You will learn a lot more about mathematics if you figure out the
formulas on your own than if we give them to you. I will try to help
you find a way to develop the formulas; if you are able to develop the
formulas with the help I give you, then you will be able to provide
explanations of the formulas without my help.

We have a large cube made up of smaller cubes, with each dimension of
the large cube being equivalent to n of the smaller cubes. We paint
the large cube, and then we want to know how many of the small cubes
have paint on 0, 1, 2, 3, 4, 5, or 6 faces.

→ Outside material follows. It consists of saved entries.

-- ===== src/Pool/Shared.antt =====
-- src/v2/worker_pool.py: the constructor with its two ways to give the workers a processor, and
-- a processor that all threads share. A call of it is one action here, as it is where the processor
-- does one atomic thing, such as an `append`.
pub mod Conserves
use dpi_engine_python.Prelude.{
  ℕ, Bool, true, false, Option, none, some, List, [], ◌∷◌, if◌then◌else◌,
}
use dpi_engine_python.Prelude.Eq.{◌==◌, nat_eq}
use dpi_engine_python.Prelude.Result.{Result, ok, err, value_error, ◌>>=◌}
use dpi_engine_python.Worker.{DpiWorker}
use dpi_engine_python.Pool.{WorkerPool, worker_pool, Event, starts, submits, works, stops, happen}

-- A pool, and whether its workers share one processor.
pub record Made (I R S : Type 0) : Type 0 where
  pub pool : WorkerPool I R S
  pub is_shared : Bool

module _ {I R S : Type 0} where
  -- A factory goes before a processor. Each is given by the state that its processors start in.
  unfoldable pub made_with : ℕ → Option S → Option (ℕ → S) → Result (Made I R S)
  made_with n processor (some factory) = do
    pool ← worker_pool n factory
    ok (record { pool = pool; is_shared = false })
  made_with n (some state) none = do
    pool ← worker_pool n (λ i. state)
    ok (record { pool = pool; is_shared = true })
  made_with n none none = err value_error

  -- `WorkerPool(worker_count, processor, processor_factory)`
  unfoldable pub make_pool : ℕ → Option S → Option (ℕ → S) → Result (Made I R S)
  make_pool worker_count processor factory =
      if worker_count == 0 then err value_error else made_with worker_count processor factory

  -- What a call leaves in the one processor is there for every worker.
  abbrev pub share : S → WorkerPool I R S → WorkerPool I R S
  share state pool = record pool { workers = λ i. record (pool.workers i) { state = state } }

module _ {I R S : Type 0} (processor : S → I → Result R × S) where
  unfoldable pub happen_shared : WorkerPool I R S → Event I → WorkerPool I R S
  happen_shared pool (works i) =
      let next = happen processor pool (works i) in share (next.workers i).state next
  happen_shared pool starts = happen processor pool starts
  happen_shared pool (submits flow item) = happen processor pool (submits flow item)
  happen_shared pool stops = happen processor pool stops

  -- In a pool of either kind.
  abbrev pub happen_in : Bool → WorkerPool I R S → Event I → WorkerPool I R S
  happen_in true pool event = happen_shared pool event
  happen_in false pool event = happen processor pool event

  unfoldable pub happen_all_in : Bool → WorkerPool I R S → List (Event I) → WorkerPool I R S
  happen_all_in shared pool [] = pool
  happen_all_in shared pool (event ∷ events) =
      happen_all_in shared (happen_in shared pool event) events
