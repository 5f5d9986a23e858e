-- ===== src/Worker/Counted.antt =====
-- How many items a worker of src/v2/worker.py has counted.
use dpi_engine_python.Prelude.{
  ℕ, suc, ◌+◌, ◌≡◌, refl, some, List, [], ◌∷◌, ◌++◌, arith, length, length-append,
}
use dpi_engine_python.Prelude.Eq.{nat_eq}
use dpi_engine_python.Prelude.Result.{Result, ok, err}
use dpi_engine_python.Queue.{push, pop_empty, pop_first}
use dpi_engine_python.Worker.{
  Pc, created, testing, popping, handling, finishing, exited, DpiWorker, new_worker, start, stop,
  handled, work_at, work,
}
use dpi_engine_python.Worker.Log.{in_hand, busy}

module _ {I R S : Type 0} where
  -- Of `received` items each is counted once, as processed or as failed, or still to come.
  pub record IsCounted (received : ℕ) (w : DpiWorker I R S) : Type 0 where
    pub counted :
        w.processed_count + w.error_count + length (in_hand w.pc) + length w.queue.items ≡ received
    pub unfinished : w.queue.unfinished ≡ length w.queue.items + busy w.pc
    pub unbounded : w.queue.maxsize ≡ 0

  pub new_worker-IsCounted : (id : ℕ) (state : S) → IsCounted 0 (new_worker id state)
  new_worker-IsCounted id state = record {
    counted = omega arith;
    unfinished = omega arith;
    unbounded = refl;
  }

  pub start-IsCounted : (n : ℕ) (w : DpiWorker I R S) → IsCounted n w → IsCounted n (start w)
  unfolding start
  start-IsCounted n w c = record {
    counted = ground (arith, c.counted);
    unfinished = ground (arith, c.unfinished);
    unbounded = c.unbounded;
  }

  pub stop-IsCounted : (n : ℕ) (w : DpiWorker I R S) → IsCounted n w → IsCounted n (stop w)
  unfolding stop
  stop-IsCounted n w c = record {
    counted = c.counted;
    unfinished = c.unfinished;
    unbounded = c.unbounded;
  }

  -- Another state of the processor.
  pub state-IsCounted :
      (n : ℕ) (w : DpiWorker I R S) (state : S)
      → IsCounted n w
      → IsCounted n (record w { state = state })
  state-IsCounted n w state c = record {
    counted = c.counted;
    unfinished = c.unfinished;
    unbounded = c.unbounded;
  }

  pub push-IsCounted :
      (n : ℕ) (w : DpiWorker I R S) (item : I)
      → IsCounted n w
      → (push w.queue item
          ≡ some (record w.queue {
            items = w.queue.items ++ item ∷ [];
            unfinished = w.queue.unfinished + 1;
          }))
        × IsCounted (suc n) (record w {
          queue = record w.queue {
            items = w.queue.items ++ item ∷ [];
            unfinished = w.queue.unfinished + 1;
          };
        })
  unfolding push
  push-IsCounted n w item c = (
    ground (arith, c.unbounded),
    record {
      counted = omega (arith, c.counted, length-append w.queue.items (item ∷ []));
      unfinished = omega (arith, c.unfinished, length-append w.queue.items (item ∷ []));
      unbounded = c.unbounded;
    },
  )

  -- A worker that owes nothing has counted all that it received.
  pub IsCounted-joined :
      (n : ℕ) (w : DpiWorker I R S)
      → IsCounted n w
      → w.queue.unfinished ≡ 0
      → w.processed_count + w.error_count ≡ n
  IsCounted-joined n w c h = at_pc w.pc refl
    where
      at_pc : (pc : Pc I) → w.pc ≡ pc → w.processed_count + w.error_count ≡ n
      at_pc pc at = ground (arith, c.counted, c.unfinished)

module _ {I R S : Type 0} (processor : S → I → Result R × S) where
  pop-IsCounted :
      (n : ℕ) (w : DpiWorker I R S) (items : List I)
      → w.queue.items ≡ items
      → w.pc ≡ popping
      → IsCounted n w
      → IsCounted n (work_at processor popping w)
  unfolding work_at
  pop-IsCounted n w [] e at c = rw (pop_empty w.queue e) (record {
    counted = ground (arith, c.counted);
    unfinished = ground (arith, c.unfinished);
    unbounded = c.unbounded;
  })
  pop-IsCounted n w (x ∷ xs) e at c = rw (pop_first w.queue e) (record {
    counted = ground (arith, c.counted);
    unfinished = ground (arith, c.unfinished);
    unbounded = c.unbounded;
  })

  handled-IsCounted :
      (n : ℕ) (w : DpiWorker I R S) (item : I) (r : Result R) (state : S)
      → w.pc ≡ handling item
      → IsCounted n w
      → IsCounted n (handled processor r state w)
  unfolding handled
  handled-IsCounted n w item (ok result) state at c = record {
    counted = ground (arith, c.counted);
    unfinished = ground (arith, c.unfinished);
    unbounded = c.unbounded;
  }
  handled-IsCounted n w item (err error) state at c = record {
    counted = ground (arith, c.counted);
    unfinished = ground (arith, c.unfinished);
    unbounded = c.unbounded;
  }

  work_at-IsCounted :
      (n : ℕ) (w : DpiWorker I R S) (pc : Pc I)
      → w.pc ≡ pc
      → IsCounted n w
      → IsCounted n (work_at processor pc w)
  unfolding work_at
  work_at-IsCounted n w created at c = c
  work_at-IsCounted n w testing at c = record {
    counted = ground (arith, c.counted);
    unfinished = ground (arith, c.unfinished);
    unbounded = ground (arith, c.unbounded);
  }
  work_at-IsCounted n w popping at c = pop-IsCounted n w w.queue.items refl at c
  work_at-IsCounted n w (handling item) at c =
      handled-IsCounted n w item (processor w.state item).0 (processor w.state item).1 at c
  work_at-IsCounted n w finishing at c = record {
    counted = ground (arith, c.counted, c.unfinished);
    unfinished = ground (arith, c.unfinished);
    unbounded = ground (arith, c.unbounded, c.unfinished);
  }
  work_at-IsCounted n w exited at c = c

  pub work-IsCounted :
      (n : ℕ) (w : DpiWorker I R S) → IsCounted n w → IsCounted n (work processor w)
  unfolding work
  work-IsCounted n w c = work_at-IsCounted n w w.pc refl c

To do this, you want to visualize the large cube and determine where
the small cubes are that have 0 faces painted, where the small cubes
are that have 1 face painted, and so on.

Let's try to build equations (functions of n) that describe the
numbers of small cubes with different numbers of faces painted. In the
discussion that follows, I will use f0(n) to denote the function of n
defining the number of small cubes with 0 faces painted, f1(n) to
denote the function of n defining the number of small cubes with 1
face painted, ..., and f6(n) be the function of n defining the number
of small cubes with 6 faces painted.

If the "large" cube is a single small cube, then there is one small
cube, and it is painted on all 6 faces. That is a special case, since
in all the larger cubes there are no small cubes with 6 faces painted.
In fact, in all the larger cubes there are no small cubes with more
than three painted faces.

So we have (for n > 1)

f6(n) = 0
f5(n) = 0
f4(n) = 0

Now let's visualize the picture to determine f3(n), f2(n), f1(n), and
f0(n).

f3(n)...

The small cubes that have three faces painted are on the corners of
the cube. How many corners are there on an n by n by n cube?  The

f2(n)...

The small cubes that have two faces painted are on the edges of the
cube - except for the small corner cubes, which have three faces
painted. How many edges does a cube have? And on an n by n by n cube,
how many small cubes are there on each of those edges, not counting
the small corner cubes? So how many small edge cubes (not counting
corner cubes) does that make on all the edges together? The answer is
f2(n).

f1(n)...

The small cubes that have one face painted are on the faces of the
cube - except for the small edge cubes, which are painted on two
faces. How many faces does a cube have? And on an n by n by n cube,
how many small cubes are there on each of those faces, not counting
the edge cubes? So how many small "face" cubes (not counting edge
cubes) does that make on all the faces together?  The answer is f1(n).

f0(n)...

The small cubes that have no faces painted are on the interior of the
large cube; these small cubes with no painted faces together form a
smaller cube inside the large cube. If the large cube is n by n by n,
what are the dimensions of the cube inside the large cube formed by
all of the small cubes with no painted faces? So how many small cubes
are there in that "interior" cube? The answer is f0(n).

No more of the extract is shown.